Bogusław trafił

2018-10-12 09:01

 

Stał się cud, i z licznego grona „nie swoich” rządowe przekaziory wychwyciły szefa WZZ „Sierpień’80”. Zadanie powierzono dziennikarce wyważonej, niekonfliktowej, rzetelnej, niesprzedajnej.

Jednym słowem: Bogusław „udzielił”, a Eliza skrzętnie „zanotowała”.

Aha, nie szydzę powyżej, nie będę też kpił poniżej. Po co, znam oboje bardziej dobrze niż inaczej.

Otóż Bogusław ogłosił to, co przeczuwają wszyscy prawie, ale im przez gardła ścisnięte nie chce przejść: „Przy okazji chcę powiedzieć tym, którzy marzą o szybkiej zmianie – w mojej opinii PiS będzie rządzić przez 20 lat”.

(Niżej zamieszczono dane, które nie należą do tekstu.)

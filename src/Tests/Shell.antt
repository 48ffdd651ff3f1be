-- ===== src/Tests/Shell.antt =====
-- The frame of the app at concrete inputs.
use job_flow_web_application.Prelude.{◌+◌, false, some, none, ◌≡◌, refl}
use job_flow_web_application.Prelude.Text.{Text, txt}
use job_flow_web_application.Shell.{mount, request_confirm, sign_out_confirm, run_start}
use job_flow_web_application.Shell.Dialog.{
  World, here, next, requests, confirms, IsGuarded, started, Reach-IsGuarded,
}

-- An action is a name here.
abbrev at_first : World Text
at_first = record { shell = mount none (some (txt "dark")); running = 0 }

abbrev asked : World Text
asked = record at_first { shell = request_confirm (sign_out_confirm (txt "out")) at_first.shell }

abbrev confirmed : World Text
confirmed = record {
  shell = (run_start asked.shell).0;
  running = 0 + started (run_start asked.shell).1;
}

not_busy : asked.shell.confirm_busy ≡ false
unfolding mount request_confirm
not_busy = refl

Reach-IsGuarded_example : IsGuarded confirmed
Reach-IsGuarded_example =
    Reach-IsGuarded none (some (txt "dark")) confirmed
      (next (next here (requests (sign_out_confirm (txt "out")))) (confirms not_busy))
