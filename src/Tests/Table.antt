-- ===== src/Tests/Table.antt =====
-- The table of jobs at concrete inputs.
use job_flow_web_application.Prelude.{
  ◌+◌, List, [], ◌∷◌, some, none, ◌≡◌, ◌⊎◌, arith, if◌then◌else◌,
}
use job_flow_web_application.Prelude.Text.{Text, txt, ◌==◌}
use job_flow_web_application.Json.{Json, null}
use job_flow_web_application.Model.{Job}
use job_flow_web_application.Client.{Settled, fulfilled, rejected}
use job_flow_web_application.Filters.{Filters, use_job_filters}
use job_flow_web_application.Table.{selected_jobs, bulk_action, following, previous, operate}
use job_flow_web_application.Table.Bulk.{Ends, bulk_action-Ends}
use job_flow_web_application.Table.Pager.{view, IsStored, operate-page}
use job_flow_web_application.Tests.Samples.{platform, jobs, filters}

abbrev selected : List Text
selected = txt "b" ∷ txt "c" ∷ []

-- A server that refuses the failed jobs.
abbrev refuses_failed : Job → Settled Json
refuses_failed job = if job.status == txt "failed" then rejected (txt "no") else fulfilled null

bulk_action-Ends_example :
    Ends refuses_failed (selected_jobs jobs selected) (bulk_action refuses_failed jobs selected).0
    × (((bulk_action refuses_failed jobs selected).0.failure ≡ none)
          × ((bulk_action refuses_failed jobs selected).1 ≡ [])
        ⊎ ((message : Text) × ((bulk_action refuses_failed jobs selected).0.failure ≡ some message)
            × ((bulk_action refuses_failed jobs selected).1 ≡ selected)))
bulk_action-Ends_example = bulk_action-Ends refuses_failed jobs selected

filters-IsStored : IsStored filters
filters-IsStored = record { size = omega arith; page = omega arith }

operate-page_example :
    (((operate (view platform jobs filters) following ≡ none)
        × ((view platform jobs filters).filters.page ≡ (view platform jobs filters).page_count))
      ⊎ ((next : Filters) × (operate (view platform jobs filters) following ≡ some next)
          × ((use_job_filters platform jobs next).filters.page
              ≡ (view platform jobs filters).filters.page + 1)))
    × (((operate (view platform jobs filters) previous ≡ none)
          × ((view platform jobs filters).filters.page ≡ 1))
        ⊎ ((next : Filters) × (operate (view platform jobs filters) previous ≡ some next)
            × ((use_job_filters platform jobs next).filters.page + 1
                ≡ (view platform jobs filters).filters.page)))
operate-page_example = operate-page platform jobs filters filters-IsStored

Przy okazji mu się wypsnęło, bo mówił o 500+ i innych błogosławieństwach. I zauważył politycznie: w IPN nie ma teczek chyba tylko na tych, co nic nie robili. Pyta Ziętek: na takich nic-nie-robiących za młodu mamy budować?

Aż pobiegłem kupić gazetę, żeby poczytać całość „wywiadu”. No, zainwestowałem ryzykownie.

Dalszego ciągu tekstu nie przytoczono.